=== Section Start ===

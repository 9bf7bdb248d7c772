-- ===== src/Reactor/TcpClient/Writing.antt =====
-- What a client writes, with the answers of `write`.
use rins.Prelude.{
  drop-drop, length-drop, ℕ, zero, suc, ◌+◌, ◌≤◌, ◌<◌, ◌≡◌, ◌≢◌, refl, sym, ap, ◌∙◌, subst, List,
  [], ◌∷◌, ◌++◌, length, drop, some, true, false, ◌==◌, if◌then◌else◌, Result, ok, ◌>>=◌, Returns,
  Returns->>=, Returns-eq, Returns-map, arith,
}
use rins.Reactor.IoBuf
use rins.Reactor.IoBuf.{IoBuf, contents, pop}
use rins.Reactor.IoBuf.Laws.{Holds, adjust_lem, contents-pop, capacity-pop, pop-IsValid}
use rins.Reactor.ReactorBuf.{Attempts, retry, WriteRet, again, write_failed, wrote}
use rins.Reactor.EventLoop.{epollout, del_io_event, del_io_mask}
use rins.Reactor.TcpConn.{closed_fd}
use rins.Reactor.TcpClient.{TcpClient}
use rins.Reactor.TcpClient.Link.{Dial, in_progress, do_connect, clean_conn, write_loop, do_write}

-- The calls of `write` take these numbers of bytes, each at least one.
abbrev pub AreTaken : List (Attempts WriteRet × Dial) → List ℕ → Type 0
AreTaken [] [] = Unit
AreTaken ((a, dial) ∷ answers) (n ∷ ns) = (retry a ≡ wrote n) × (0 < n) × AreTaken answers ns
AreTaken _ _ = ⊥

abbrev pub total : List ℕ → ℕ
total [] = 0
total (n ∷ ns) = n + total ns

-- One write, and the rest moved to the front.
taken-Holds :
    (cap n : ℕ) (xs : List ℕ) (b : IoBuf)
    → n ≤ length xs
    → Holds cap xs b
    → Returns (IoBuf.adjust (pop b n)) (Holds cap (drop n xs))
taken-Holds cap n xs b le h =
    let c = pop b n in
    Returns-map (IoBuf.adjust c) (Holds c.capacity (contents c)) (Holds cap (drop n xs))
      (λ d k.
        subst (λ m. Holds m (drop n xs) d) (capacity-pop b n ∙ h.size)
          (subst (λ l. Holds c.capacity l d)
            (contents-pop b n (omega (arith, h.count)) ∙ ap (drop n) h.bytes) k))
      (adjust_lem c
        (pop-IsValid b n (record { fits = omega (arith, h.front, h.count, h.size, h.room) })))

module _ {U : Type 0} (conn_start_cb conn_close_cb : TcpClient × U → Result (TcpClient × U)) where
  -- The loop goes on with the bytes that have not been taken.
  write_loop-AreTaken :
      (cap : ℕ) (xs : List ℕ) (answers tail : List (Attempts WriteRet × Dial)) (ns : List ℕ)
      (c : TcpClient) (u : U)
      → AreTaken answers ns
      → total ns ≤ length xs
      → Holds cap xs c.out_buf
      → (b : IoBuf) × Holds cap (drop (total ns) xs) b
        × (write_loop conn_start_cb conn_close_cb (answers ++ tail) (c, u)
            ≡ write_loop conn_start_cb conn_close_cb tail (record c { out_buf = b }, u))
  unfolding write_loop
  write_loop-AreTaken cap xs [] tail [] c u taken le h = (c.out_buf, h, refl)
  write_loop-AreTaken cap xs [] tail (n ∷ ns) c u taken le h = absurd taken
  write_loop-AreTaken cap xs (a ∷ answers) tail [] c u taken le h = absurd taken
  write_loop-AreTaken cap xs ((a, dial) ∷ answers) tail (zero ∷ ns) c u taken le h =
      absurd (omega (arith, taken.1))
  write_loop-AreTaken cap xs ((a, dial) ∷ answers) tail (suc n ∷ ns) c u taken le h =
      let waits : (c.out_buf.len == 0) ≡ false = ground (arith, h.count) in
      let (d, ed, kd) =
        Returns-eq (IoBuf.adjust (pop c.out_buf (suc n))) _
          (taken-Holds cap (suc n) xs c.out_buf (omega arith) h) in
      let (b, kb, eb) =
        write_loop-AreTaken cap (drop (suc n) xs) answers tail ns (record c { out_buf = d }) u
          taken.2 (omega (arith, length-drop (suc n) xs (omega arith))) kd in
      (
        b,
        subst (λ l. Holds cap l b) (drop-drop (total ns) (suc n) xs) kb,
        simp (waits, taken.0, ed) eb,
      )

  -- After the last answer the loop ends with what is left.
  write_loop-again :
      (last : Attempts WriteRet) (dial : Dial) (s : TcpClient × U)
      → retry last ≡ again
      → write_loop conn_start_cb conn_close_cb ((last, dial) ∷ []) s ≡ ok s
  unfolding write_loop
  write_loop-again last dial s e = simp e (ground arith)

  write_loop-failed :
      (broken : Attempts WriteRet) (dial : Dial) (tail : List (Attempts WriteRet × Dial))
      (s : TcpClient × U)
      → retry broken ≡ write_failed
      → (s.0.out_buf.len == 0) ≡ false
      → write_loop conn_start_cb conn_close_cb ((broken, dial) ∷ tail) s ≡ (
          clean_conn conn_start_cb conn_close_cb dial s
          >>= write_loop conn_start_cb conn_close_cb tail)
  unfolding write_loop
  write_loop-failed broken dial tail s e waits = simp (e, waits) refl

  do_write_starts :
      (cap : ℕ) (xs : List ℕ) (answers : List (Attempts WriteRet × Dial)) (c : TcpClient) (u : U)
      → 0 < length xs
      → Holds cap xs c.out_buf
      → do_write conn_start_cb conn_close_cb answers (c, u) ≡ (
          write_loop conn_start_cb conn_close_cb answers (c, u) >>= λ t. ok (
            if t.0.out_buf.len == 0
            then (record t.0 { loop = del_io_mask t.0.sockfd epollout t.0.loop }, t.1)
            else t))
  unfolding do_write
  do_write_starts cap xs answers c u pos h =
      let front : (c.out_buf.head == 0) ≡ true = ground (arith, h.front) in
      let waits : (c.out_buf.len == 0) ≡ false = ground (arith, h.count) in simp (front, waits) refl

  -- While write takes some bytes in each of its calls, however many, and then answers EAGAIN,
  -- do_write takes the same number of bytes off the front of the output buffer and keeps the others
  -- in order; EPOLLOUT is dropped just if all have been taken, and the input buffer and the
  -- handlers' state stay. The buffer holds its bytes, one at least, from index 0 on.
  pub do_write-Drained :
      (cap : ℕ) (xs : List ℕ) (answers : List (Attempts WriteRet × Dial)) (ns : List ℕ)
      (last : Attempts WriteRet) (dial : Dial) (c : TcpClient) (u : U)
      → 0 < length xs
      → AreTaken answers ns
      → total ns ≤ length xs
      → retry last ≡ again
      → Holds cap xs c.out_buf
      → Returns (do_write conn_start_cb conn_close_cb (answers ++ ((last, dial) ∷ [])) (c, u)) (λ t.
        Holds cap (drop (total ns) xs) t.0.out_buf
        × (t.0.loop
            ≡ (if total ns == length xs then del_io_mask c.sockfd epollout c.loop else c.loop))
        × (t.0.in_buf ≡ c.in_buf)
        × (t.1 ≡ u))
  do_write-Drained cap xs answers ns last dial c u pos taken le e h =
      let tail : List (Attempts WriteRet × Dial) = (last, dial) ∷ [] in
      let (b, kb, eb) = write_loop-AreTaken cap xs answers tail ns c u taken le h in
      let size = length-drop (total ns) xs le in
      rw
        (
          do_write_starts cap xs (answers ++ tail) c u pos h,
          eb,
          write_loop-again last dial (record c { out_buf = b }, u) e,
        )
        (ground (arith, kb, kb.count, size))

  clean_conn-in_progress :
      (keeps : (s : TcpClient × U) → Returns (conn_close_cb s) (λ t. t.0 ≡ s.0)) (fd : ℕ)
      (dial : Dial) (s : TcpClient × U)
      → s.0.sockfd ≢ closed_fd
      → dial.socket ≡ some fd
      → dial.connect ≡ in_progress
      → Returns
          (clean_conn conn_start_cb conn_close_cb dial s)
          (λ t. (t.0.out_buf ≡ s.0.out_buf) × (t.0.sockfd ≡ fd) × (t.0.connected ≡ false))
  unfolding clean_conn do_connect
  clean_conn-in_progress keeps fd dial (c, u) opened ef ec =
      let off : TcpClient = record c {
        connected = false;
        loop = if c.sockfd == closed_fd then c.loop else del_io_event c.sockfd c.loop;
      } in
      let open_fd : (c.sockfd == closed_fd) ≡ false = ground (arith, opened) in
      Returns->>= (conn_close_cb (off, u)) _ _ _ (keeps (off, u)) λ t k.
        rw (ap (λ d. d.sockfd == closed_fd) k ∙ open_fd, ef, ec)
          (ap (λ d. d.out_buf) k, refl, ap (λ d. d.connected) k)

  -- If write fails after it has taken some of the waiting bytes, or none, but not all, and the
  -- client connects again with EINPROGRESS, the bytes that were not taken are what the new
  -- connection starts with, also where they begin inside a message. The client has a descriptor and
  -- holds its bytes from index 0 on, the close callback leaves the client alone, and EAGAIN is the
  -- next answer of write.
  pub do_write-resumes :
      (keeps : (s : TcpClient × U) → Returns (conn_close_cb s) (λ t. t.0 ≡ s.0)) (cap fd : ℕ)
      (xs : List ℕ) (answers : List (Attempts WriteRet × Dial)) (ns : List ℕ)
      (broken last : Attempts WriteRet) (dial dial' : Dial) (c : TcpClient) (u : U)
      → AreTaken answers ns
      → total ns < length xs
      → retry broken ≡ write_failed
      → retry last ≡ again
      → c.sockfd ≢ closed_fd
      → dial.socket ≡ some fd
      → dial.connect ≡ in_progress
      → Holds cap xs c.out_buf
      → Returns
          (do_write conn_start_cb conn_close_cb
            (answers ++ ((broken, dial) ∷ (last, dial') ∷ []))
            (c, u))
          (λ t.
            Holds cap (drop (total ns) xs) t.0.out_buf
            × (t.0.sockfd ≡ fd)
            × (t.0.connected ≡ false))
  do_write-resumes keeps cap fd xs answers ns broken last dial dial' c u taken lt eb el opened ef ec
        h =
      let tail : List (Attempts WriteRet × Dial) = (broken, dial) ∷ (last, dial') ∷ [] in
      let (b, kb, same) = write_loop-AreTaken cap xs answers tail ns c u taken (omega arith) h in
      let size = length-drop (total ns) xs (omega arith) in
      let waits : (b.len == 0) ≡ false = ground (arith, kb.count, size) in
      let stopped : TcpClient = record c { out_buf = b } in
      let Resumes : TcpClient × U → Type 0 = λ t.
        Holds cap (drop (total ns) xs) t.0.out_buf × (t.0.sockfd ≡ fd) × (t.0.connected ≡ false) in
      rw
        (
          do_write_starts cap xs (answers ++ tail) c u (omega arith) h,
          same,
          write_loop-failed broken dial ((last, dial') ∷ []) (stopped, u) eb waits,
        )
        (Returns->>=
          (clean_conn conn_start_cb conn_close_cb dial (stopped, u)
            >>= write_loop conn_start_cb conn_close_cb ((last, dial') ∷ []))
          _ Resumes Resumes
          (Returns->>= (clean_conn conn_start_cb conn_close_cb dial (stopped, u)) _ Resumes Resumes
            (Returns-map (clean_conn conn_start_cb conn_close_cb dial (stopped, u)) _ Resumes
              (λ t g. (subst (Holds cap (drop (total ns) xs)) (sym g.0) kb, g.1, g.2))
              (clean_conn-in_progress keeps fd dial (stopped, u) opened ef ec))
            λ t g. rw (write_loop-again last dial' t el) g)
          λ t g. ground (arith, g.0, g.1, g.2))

=== Section End ===
=== Section Start ===

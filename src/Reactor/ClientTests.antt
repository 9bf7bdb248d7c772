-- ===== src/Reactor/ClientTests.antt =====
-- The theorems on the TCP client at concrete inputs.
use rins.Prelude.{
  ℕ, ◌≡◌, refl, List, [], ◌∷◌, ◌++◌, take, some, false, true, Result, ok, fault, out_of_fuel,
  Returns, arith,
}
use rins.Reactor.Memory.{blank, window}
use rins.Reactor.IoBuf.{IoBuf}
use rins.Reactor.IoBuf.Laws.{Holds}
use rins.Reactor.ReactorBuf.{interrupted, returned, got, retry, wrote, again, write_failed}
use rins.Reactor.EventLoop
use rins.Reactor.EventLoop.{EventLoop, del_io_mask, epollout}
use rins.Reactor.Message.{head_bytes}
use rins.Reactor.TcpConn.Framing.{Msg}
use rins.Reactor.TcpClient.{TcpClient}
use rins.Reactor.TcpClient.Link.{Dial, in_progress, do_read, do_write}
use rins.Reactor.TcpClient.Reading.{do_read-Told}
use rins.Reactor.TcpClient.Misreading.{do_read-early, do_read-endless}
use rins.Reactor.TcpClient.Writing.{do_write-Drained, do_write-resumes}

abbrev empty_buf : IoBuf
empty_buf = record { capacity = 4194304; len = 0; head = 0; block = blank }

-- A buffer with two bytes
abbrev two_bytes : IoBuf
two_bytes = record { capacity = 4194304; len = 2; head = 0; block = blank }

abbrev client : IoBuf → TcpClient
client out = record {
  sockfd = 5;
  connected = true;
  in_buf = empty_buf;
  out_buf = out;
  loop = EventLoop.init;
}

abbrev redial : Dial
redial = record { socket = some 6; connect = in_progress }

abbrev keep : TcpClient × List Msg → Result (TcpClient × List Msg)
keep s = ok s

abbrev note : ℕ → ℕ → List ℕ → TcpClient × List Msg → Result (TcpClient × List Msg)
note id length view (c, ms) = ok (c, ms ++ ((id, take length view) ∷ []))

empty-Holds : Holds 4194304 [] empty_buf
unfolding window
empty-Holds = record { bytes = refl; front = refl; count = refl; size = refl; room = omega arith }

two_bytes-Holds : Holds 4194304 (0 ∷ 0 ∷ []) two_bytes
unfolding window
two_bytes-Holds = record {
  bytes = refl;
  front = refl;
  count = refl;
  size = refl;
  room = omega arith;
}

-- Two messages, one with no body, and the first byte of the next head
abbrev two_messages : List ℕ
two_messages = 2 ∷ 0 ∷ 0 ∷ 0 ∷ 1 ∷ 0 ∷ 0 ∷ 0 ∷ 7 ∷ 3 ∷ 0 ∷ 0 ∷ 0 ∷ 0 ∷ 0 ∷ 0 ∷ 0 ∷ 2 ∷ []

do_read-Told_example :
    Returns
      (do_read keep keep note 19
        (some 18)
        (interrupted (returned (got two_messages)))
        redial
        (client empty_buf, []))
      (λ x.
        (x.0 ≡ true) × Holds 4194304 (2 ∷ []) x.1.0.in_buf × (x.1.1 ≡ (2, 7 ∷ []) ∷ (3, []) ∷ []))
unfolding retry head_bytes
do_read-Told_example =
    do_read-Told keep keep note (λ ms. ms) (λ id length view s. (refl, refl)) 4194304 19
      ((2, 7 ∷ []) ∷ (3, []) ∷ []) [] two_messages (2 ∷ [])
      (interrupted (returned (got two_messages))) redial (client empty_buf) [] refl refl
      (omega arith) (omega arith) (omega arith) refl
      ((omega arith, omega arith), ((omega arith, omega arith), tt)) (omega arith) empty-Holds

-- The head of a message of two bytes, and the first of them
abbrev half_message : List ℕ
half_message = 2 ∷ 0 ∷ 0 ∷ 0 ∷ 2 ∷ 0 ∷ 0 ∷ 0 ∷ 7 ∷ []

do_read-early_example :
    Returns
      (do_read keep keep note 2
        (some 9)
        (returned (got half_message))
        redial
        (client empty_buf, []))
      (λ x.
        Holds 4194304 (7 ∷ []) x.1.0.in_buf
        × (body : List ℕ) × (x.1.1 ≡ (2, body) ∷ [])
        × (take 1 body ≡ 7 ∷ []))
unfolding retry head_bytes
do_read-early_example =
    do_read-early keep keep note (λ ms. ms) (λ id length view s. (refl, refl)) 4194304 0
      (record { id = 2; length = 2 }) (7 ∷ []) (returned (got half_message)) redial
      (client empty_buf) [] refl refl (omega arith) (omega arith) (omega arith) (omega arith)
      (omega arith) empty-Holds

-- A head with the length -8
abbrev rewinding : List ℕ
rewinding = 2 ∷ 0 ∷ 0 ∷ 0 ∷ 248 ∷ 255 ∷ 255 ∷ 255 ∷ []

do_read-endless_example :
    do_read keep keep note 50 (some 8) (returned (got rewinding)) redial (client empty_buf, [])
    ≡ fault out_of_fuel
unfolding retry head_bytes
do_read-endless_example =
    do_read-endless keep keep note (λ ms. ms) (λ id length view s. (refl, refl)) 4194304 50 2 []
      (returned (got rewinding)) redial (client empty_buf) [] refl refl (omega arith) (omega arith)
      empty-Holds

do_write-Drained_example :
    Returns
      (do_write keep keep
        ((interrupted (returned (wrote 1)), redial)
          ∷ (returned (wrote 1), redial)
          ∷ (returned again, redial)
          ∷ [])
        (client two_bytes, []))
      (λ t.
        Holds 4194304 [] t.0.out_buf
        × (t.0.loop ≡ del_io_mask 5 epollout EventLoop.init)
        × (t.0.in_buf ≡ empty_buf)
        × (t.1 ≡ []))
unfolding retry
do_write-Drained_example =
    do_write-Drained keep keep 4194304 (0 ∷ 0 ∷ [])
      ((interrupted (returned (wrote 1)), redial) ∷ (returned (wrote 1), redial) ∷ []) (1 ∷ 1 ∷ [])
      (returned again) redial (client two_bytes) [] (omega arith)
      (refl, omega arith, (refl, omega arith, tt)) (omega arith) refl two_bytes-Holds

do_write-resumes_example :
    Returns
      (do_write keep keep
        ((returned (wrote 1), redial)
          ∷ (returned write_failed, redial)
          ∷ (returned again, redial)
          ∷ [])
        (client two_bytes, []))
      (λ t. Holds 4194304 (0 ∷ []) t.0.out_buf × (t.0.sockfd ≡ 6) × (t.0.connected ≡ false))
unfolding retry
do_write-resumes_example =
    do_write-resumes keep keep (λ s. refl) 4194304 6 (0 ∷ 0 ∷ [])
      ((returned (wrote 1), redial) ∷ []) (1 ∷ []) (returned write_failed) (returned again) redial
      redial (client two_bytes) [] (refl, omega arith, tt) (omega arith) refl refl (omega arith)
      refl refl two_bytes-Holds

=== Section End ===

» Exercise objective: Search the listing above for the lines with "let size = length-drop (total ns) xs le" and "c.sockfd ≢ closed_fd", then output those lines and all lines between them exactly.

» Response:
      let size = length-drop (total ns) xs le in
      rw
        (
          do_write_starts cap xs (answers ++ tail) c u pos h,
          eb,
          write_loop-again last dial (record c { out_buf = b }, u) e,
        )
        (ground (arith, kb, kb.count, size))

  clean_conn-in_progress :
      (keeps : (s : TcpClient × U) → Returns (conn_close_cb s) (λ t. t.0 ≡ s.0)) (fd : ℕ)
      (dial : Dial) (s : TcpClient × U)
      → s.0.sockfd ≢ closed_fd
      → dial.socket ≡ some fd
      → dial.connect ≡ in_progress
      → Returns
          (clean_conn conn_start_cb conn_close_cb dial s)
          (λ t. (t.0.out_buf ≡ s.0.out_buf) × (t.0.sockfd ≡ fd) × (t.0.connected ≡ false))
  unfolding clean_conn do_connect
  clean_conn-in_progress keeps fd dial (c, u) opened ef ec =
      let off : TcpClient = record c {
        connected = false;
        loop = if c.sockfd == closed_fd then c.loop else del_io_event c.sockfd c.loop;
      } in
      let open_fd : (c.sockfd == closed_fd) ≡ false = ground (arith, opened) in
      Returns->>= (conn_close_cb (off, u)) _ _ _ (keeps (off, u)) λ t k.
        rw (ap (λ d. d.sockfd == closed_fd) k ∙ open_fd, ef, ec)
          (ap (λ d. d.out_buf) k, refl, ap (λ d. d.connected) k)

  -- If write fails after it has taken some of the waiting bytes, or none, but not all, and the
  -- client connects again with EINPROGRESS, the bytes that were not taken are what the new
  -- connection starts with, also where they begin inside a message. The client has a descriptor and
  -- holds its bytes from index 0 on, the close callback leaves the client alone, and EAGAIN is the
  -- next answer of write.
  pub do_write-resumes :
      (keeps : (s : TcpClient × U) → Returns (conn_close_cb s) (λ t. t.0 ≡ s.0)) (cap fd : ℕ)
      (xs : List ℕ) (answers : List (Attempts WriteRet × Dial)) (ns : List ℕ)
      (broken last : Attempts WriteRet) (dial dial' : Dial) (c : TcpClient) (u : U)
      → AreTaken answers ns
      → total ns < length xs
      → retry broken ≡ write_failed
      → retry last ≡ again
      → c.sockfd ≢ closed_fd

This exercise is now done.